Parquet Data timestamp columns INT96 not yet imple

2020-04-16 01:27发布

问题:

Context:

I am able to submit a MapReduce job from druid overlord to an EMR. My Data source is in S3 in Parquet format. I have a timestamp column (INT96) in parquet data which is not supported in Avroschema.
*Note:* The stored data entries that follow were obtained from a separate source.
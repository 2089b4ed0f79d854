-- ===== src/Orders/Query/Unique.antt =====
-- A query answers no remote id twice, and only with wanted orders.
use swift_bot.Prelude.{
  ◌≡◌, refl, inl, inr, ◌∙◌, sym, ap, String, ℕ, Bool, true, false, not, ◌&&◌, ◌||◌, List, [], ◌∷◌,
  ◌++◌, ◌==◌ as nat_beq, All, All-map, Bool-cases, arith,
}
use swift_bot.Qt.Key.{◌==◌, text_key}
use swift_bot.Qt.Vector.{list_contains, contains-append}
use swift_bot.Qt.Map.{Map}
use swift_bot.Qt.Json.{JsonObject, put_text, get_text-put_text_ne}
use swift_bot.Orders.Order.{Env}
use swift_bot.Orders.Store.{Store, order_at}
use swift_bot.Orders.Query.{
  collect, of_market, remote_text, get_closed_orders_by_pair, get_open_orders_by_pair,
}

-- The orders pass the test, and their remote ids differ from each other.
abbrev pub Distinct : List JsonObject → Type 0
Distinct [] = Unit
Distinct (o ∷ os) = All (λ p. (remote_text o == remote_text p) ≡ false) os × Distinct os

abbrev Fresh : (JsonObject → Bool) → List String → JsonObject → Type 0
Fresh wanted seen j = (wanted j ≡ true) × (list_contains seen (remote_text j) ≡ false)

Fresh-append :
    (wanted : JsonObject → Bool) (seen : List String) (r : String) (j : JsonObject)
    → Fresh wanted (seen ++ (r ∷ [])) j
    → Fresh wanted seen j × ((r == remote_text j) ≡ false)
unfolding list_contains
Fresh-append wanted seen r j (w, f) =
    let e = sym (contains-append seen (r ∷ []) (remote_text j)) ∙ f in
    ((w, or_false_left _ _ e), or_false_left _ _ (or_false_right _ _ e))
  where
    or_false_left : (a b : Bool) → (a || b) ≡ false → a ≡ false
    or_false_left a b h = ground arith

    or_false_right : (a b : Bool) → (a || b) ≡ false → b ≡ false
    or_false_right a b h = ground arith

module _ (wanted : JsonObject → Bool) (dress : JsonObject → JsonObject)
    (keeps : (j : JsonObject)
      → (remote_text (dress j) ≡ remote_text j) × (wanted (dress j) ≡ wanted j))
    (s : Store) where
  collect-Distinct :
      (index : Map String ℕ) (seen : List String)
      → All (Fresh wanted seen) (collect wanted dress s index seen)
        × Distinct (collect wanted dress s index seen)
  unfolding collect
  collect-Distinct [] seen = (tt, tt)
  collect-Distinct ((uid, i) ∷ index) seen =
      let j = order_at s i in
      let (fresh, distinct) = collect-Distinct index (seen ++ (remote_text j ∷ [])) in
      elim (Bool-cases (wanted j && not (list_contains seen (remote_text j)))) [
        | inr e ↦ rw (e, collect) (collect-Distinct index seen)
        | inl e ↦
            let w : wanted j ≡ true = ground arith in
            let f : list_contains seen (remote_text j) ≡ false = ground arith in
            rw (e, collect)
              (
                (
                  ((keeps j).1 ∙ w, ap (list_contains seen) (keeps j).0 ∙ f),
                  All-map _ (λ p h. (Fresh-append wanted seen (remote_text j) p h).0) fresh,
                ),
                (
                  All-map _
                      (λ p h.
                        ap (λ r. r == remote_text p) (keeps j).0
                        ∙ (Fresh-append wanted seen (remote_text j) p h).1)
                      fresh,
                  distinct,
                ),
              )
      ]

module _ {D : Type 0} (env : Env D) where
  -- The closed orders of a market: each has that market, and no two have one remote id.
  pub get_closed_orders_by_pair-Distinct :
      (s : Store) (pair : ℕ)
      → All (λ j. of_market env pair j ≡ true) (get_closed_orders_by_pair env s pair)
        × Distinct (get_closed_orders_by_pair env s pair)
  unfolding get_closed_orders_by_pair of_market
  get_closed_orders_by_pair-Distinct s pair =
      let (fresh, distinct) = collect-Distinct (of_market env pair) _ keeps s s.closed_orders [] in
      (All-map _ (λ j h. h.0) fresh, distinct)
    where
      keeps :
          (j : JsonObject)
          → (remote_text (put_text "exchange_name" (env.market_exchange_name pair) j)
              ≡ remote_text j)
            × (of_market env pair (put_text "exchange_name" (env.market_exchange_name pair) j)
                ≡ of_market env pair j)
      keeps j = (
        get_text-put_text_ne "" "exchange_name" "remote_id" _ j refl,
        ap (λ t. nat_beq (env.to_uint t) pair)
            (get_text-put_text_ne "" "exchange_name" "market_id" _ j refl),
      )

  -- The same of the open orders of a market.
  pub get_open_orders_by_pair-Distinct :
      (s : Store) (pair : ℕ)
      → All (λ j. of_market env pair j ≡ true) (get_open_orders_by_pair env s pair)
        × Distinct (get_open_orders_by_pair env s pair)
  unfolding get_open_orders_by_pair
  get_open_orders_by_pair-Distinct s pair =
      let (fresh, distinct) =
        collect-Distinct (of_market env pair) (λ j. j) (λ j. (refl, refl)) s s.open_orders [] in
      (All-map _ (λ j h. h.0) fresh, distinct)
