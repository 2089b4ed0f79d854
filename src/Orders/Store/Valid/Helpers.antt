-- ===== src/Orders/Store/Valid/Helpers.antt =====
-- The well-formedness of the store, and that its helpers keep it.
use swift_bot.Prelude.{
  ℕ, ◌≤◌, ◌<◌, ◌≡◌, inl, inr, String, [], ◌∷◌, ◌++◌, length, length-append, length-set, All, arith,
  Bool-cases, leb,
}
use swift_bot.Qt.Json.{JsonObject, get_text}
use swift_bot.Double.{Double}
use swift_bot.Orders.Order.{Env, Uuids}
use swift_bot.Orders.Index.{
  Bounded, Apart, Injective, Bounded-mono, Bounded-insert, Bounded-drop_key, Bounded-add_key,
  value_or-lt, All-mark_updated, All-lt_mono, Apart-move, Apart-move_add, Apart-swap,
  Injective-insert, mark_updated,
}
use swift_bot.Orders.Store.{Store, overwrite, file_known, append_order, with_uuids}

pub record IsValid (s : Store) : Type 0 where
  pub ext_bounded : Bounded (length s.orders) s.ext_id
  pub loc_bounded : Bounded (length s.orders) s.loc_id
  pub open_bounded : Bounded (length s.orders) s.open_orders
  pub closed_bounded : Bounded (length s.orders) s.closed_orders
  pub updated_bounded : All (λ i. i < length s.orders) s.updated
  pub apart : Apart s.open_orders s.closed_orders
  pub ext_injective : Injective s.ext_id

pub with_uuids-IsValid : (s : Store) (u : Uuids) → IsValid s → IsValid (with_uuids s u)
with_uuids-IsValid s u v = record {
  ext_bounded = v.ext_bounded;
  loc_bounded = v.loc_bounded;
  open_bounded = v.open_bounded;
  closed_bounded = v.closed_bounded;
  updated_bounded = v.updated_bounded;
  apart = v.apart;
  ext_injective = v.ext_injective;
}

pub overwrite-IsValid :
    (s : Store) (i : ℕ) (o : JsonObject)
    → i < length s.orders
    → IsValid s
    → IsValid (overwrite s i o)
unfolding overwrite
overwrite-IsValid s i o h v =
    let e = length-set s.orders i o in
    record {
      ext_bounded = Bounded-mono _ _ s.ext_id (omega arith) v.ext_bounded;
      loc_bounded = Bounded-mono _ _ s.loc_id (omega arith) v.loc_bounded;
      open_bounded = Bounded-mono _ _ s.open_orders (omega arith) v.open_bounded;
      closed_bounded = Bounded-mono _ _ s.closed_orders (omega arith) v.closed_bounded;
      updated_bounded =
          All-lt_mono _ _ (mark_updated i s.updated) (omega arith)
            (All-mark_updated _ i s.updated h v.updated_bounded);
      apart = v.apart;
      ext_injective = v.ext_injective;
    }

pub length-overwrite :
    (s : Store) (i : ℕ) (o : JsonObject) → length (overwrite s i o).orders ≡ length s.orders
unfolding overwrite
length-overwrite s i o = length-set s.orders i o

module _ {D : Type 0} ⦃d : Double D⦄ (env : Env D) where
  pub file_known-IsValid :
      (s : Store) (remote : String) (o : JsonObject)
      → 0 < length s.orders
      → IsValid s
      → IsValid (file_known env s remote o)
  unfolding file_known
  file_known-IsValid s remote o h v =
      let lt = value_or-lt _ remote s.ext_id h v.ext_bounded in
      elim (Bool-cases (leb (env.to_uint (get_text "" "status" o)) 1)) [
        | inl e ↦
            rw (e, file_known)
              (record {
                ext_bounded = v.ext_bounded;
                loc_bounded = v.loc_bounded;
                open_bounded = Bounded-add_key _ _ remote s.open_orders lt v.open_bounded;
                closed_bounded = Bounded-drop_key _ remote s.closed_orders v.closed_bounded;
                updated_bounded = v.updated_bounded;
                apart = Apart-swap _ _ (
                    Apart-move_add remote _ s.closed_orders s.open_orders (Apart-swap _ _ v.apart));
                ext_injective = v.ext_injective;
              })
        | inr e ↦
            rw (e, file_known)
              (record {
                ext_bounded = v.ext_bounded;
                loc_bounded = v.loc_bounded;
                open_bounded = Bounded-drop_key _ remote s.open_orders v.open_bounded;
                closed_bounded = Bounded-add_key _ _ remote s.closed_orders lt v.closed_bounded;
                updated_bounded = v.updated_bounded;
                apart = Apart-move_add remote _ s.open_orders s.closed_orders v.apart;
                ext_injective = v.ext_injective;
              })
      ]

  pub append_order-IsValid :
      (s : Store) (remote local : String) (o : JsonObject)
      → IsValid s
      → IsValid (append_order env s remote local o)
  unfolding append_order
  append_order-IsValid s remote local o v =
      let n = length s.orders in
      let e = length-append s.orders (o ∷ []) in
      let up : n ≤ length (s.orders ++ (o ∷ [])) = omega arith in
      let lt : n < length (s.orders ++ (o ∷ [])) = omega arith in
      let ext =
        Bounded-insert _ n remote s.ext_id lt (Bounded-mono _ _ s.ext_id up v.ext_bounded) in
      let loc = Bounded-insert _ n local s.loc_id lt (Bounded-mono _ _ s.loc_id up v.loc_bounded) in
      let opened = Bounded-mono _ _ s.open_orders up v.open_bounded in
      let closed = Bounded-mono _ _ s.closed_orders up v.closed_bounded in
      let marked =
        All-mark_updated _ n s.updated lt (All-lt_mono _ _ s.updated up v.updated_bounded) in
      let inj = Injective-insert n remote s.ext_id v.ext_bounded v.ext_injective in
      elim (Bool-cases (leb (env.to_uint (get_text "0" "status" o)) 1)) [
        | inl e ↦
            rw (e, append_order)
              (record {
                ext_bounded = ext;
                loc_bounded = loc;
                open_bounded = Bounded-insert _ n remote s.open_orders lt opened;
                closed_bounded = Bounded-drop_key _ remote s.closed_orders closed;
                updated_bounded = marked;
                apart =
                    Apart-swap _ _
                      (Apart-move remote n s.closed_orders s.open_orders (Apart-swap _ _ v.apart));
                ext_injective = inj;
              })
        | inr e ↦
            rw (e, append_order)
              (record {
                ext_bounded = ext;
                loc_bounded = loc;
                open_bounded = Bounded-drop_key _ remote s.open_orders opened;
                closed_bounded = Bounded-insert _ n remote s.closed_orders lt closed;
                updated_bounded = marked;
                apart = Apart-move remote n s.open_orders s.closed_orders v.apart;
                ext_injective = inj;
              })
      ]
Error is while parsing the timestamp

Issue Stack trace is:

Error: java.lang.IllegalArgumentException: INT96 not yet implemented.
at org.apache.parquet.avro.AvroSchemaConverter$1.convertINT96(AvroSchemaConverter.java:279)
at org.apache.parquet.avro.AvroSchemaConverter$1.convertINT96(AvroSchemaConverter.java:264)
at org.apache.parquet.schema.PrimitiveType$PrimitiveTypeName$7.convert(PrimitiveType.java:223)

Environment:

Druid version: 0.11
EMR version : emr-5.11.0
Hadoop version: Amazon 2.7.3

Druid input json

{
  "type": "index_hadoop",
  "spec": {
    "ioConfig": {
      "type": "hadoop",
      "inputSpec": {
        "type": "static",
        "inputFormat": "io.druid.data.input.parquet.DruidParquetInputFormat",
        "paths": "s3://s3_path"
      }
    },
    "dataSchema": {
      "dataSource": "parquet_test1",
      "granularitySpec": {
        "type": "uniform",
        "segmentGranularity": "DAY",
        "queryGranularity": "ALL",
        "intervals": ["2017-08-01T00:00:00/2017-08-02T00:00:00"]
      },
      "parser": {
        "type": "parquet",
        "parseSpec": {
          "format": "timeAndDims",
          "timestampSpec": {
            "column": "t",
            "format": "yyyy-MM-dd HH:mm:ss:SSS zzz"            
          },
          "dimensionsSpec": {
            "dimensions": [
              "dim1","dim2","dim3"
            ],
            "dimensionExclusions": [],
            "spatialDimensions": []
          }
        }
      },
      "metricsSpec": [{
        "type": "count",
        "name": "count"
      },{
          "type" : "count",
          "name" : "pid",
          "fieldName" : "pid"
        }]
    },
    "tuningConfig": {
      "type": "hadoop",
      "partitionsSpec": {
        "targetPartitionSize": 5000000
      },
      "jobProperties" : {
        "mapreduce.job.user.classpath.first": "true",
        "fs.s3.awsAccessKeyId" : "KEYID",
        "fs.s3.awsSecretAccessKey" : "AccessKey",
        "fs.s3.impl" : "org.apache.hadoop.fs.s3native.NativeS3FileSystem",
        "fs.s3n.awsAccessKeyId" : "KEYID",
        "fs.s3n.awsSecretAccessKey" : "AccessKey",
        "fs.s3n.impl" : "org.apache.hadoop.fs.s3native.NativeS3FileSystem",
        "io.compression.codecs" : "org.apache.hadoop.io.compress.GzipCodec,org.apache.hadoop.io.compress.DefaultCodec,org.apache.hadoop.io.compress.BZip2Codec,org.apache.hadoop.io.compress.SnappyCodec"
      },
      "leaveIntermediate": true
    }
  }, "hadoopDependencyCoordinates": ["org.apache.hadoop:hadoop-client:2.7.3", "org.apache.hadoop:hadoop-aws:2.7.3", "com.hadoop.gplcompression:hadoop-lzo:0.4.20"]
}

Possible solution

 1. Save the data in parquet efficiently instead of transforming in Avro to remove the dependencies.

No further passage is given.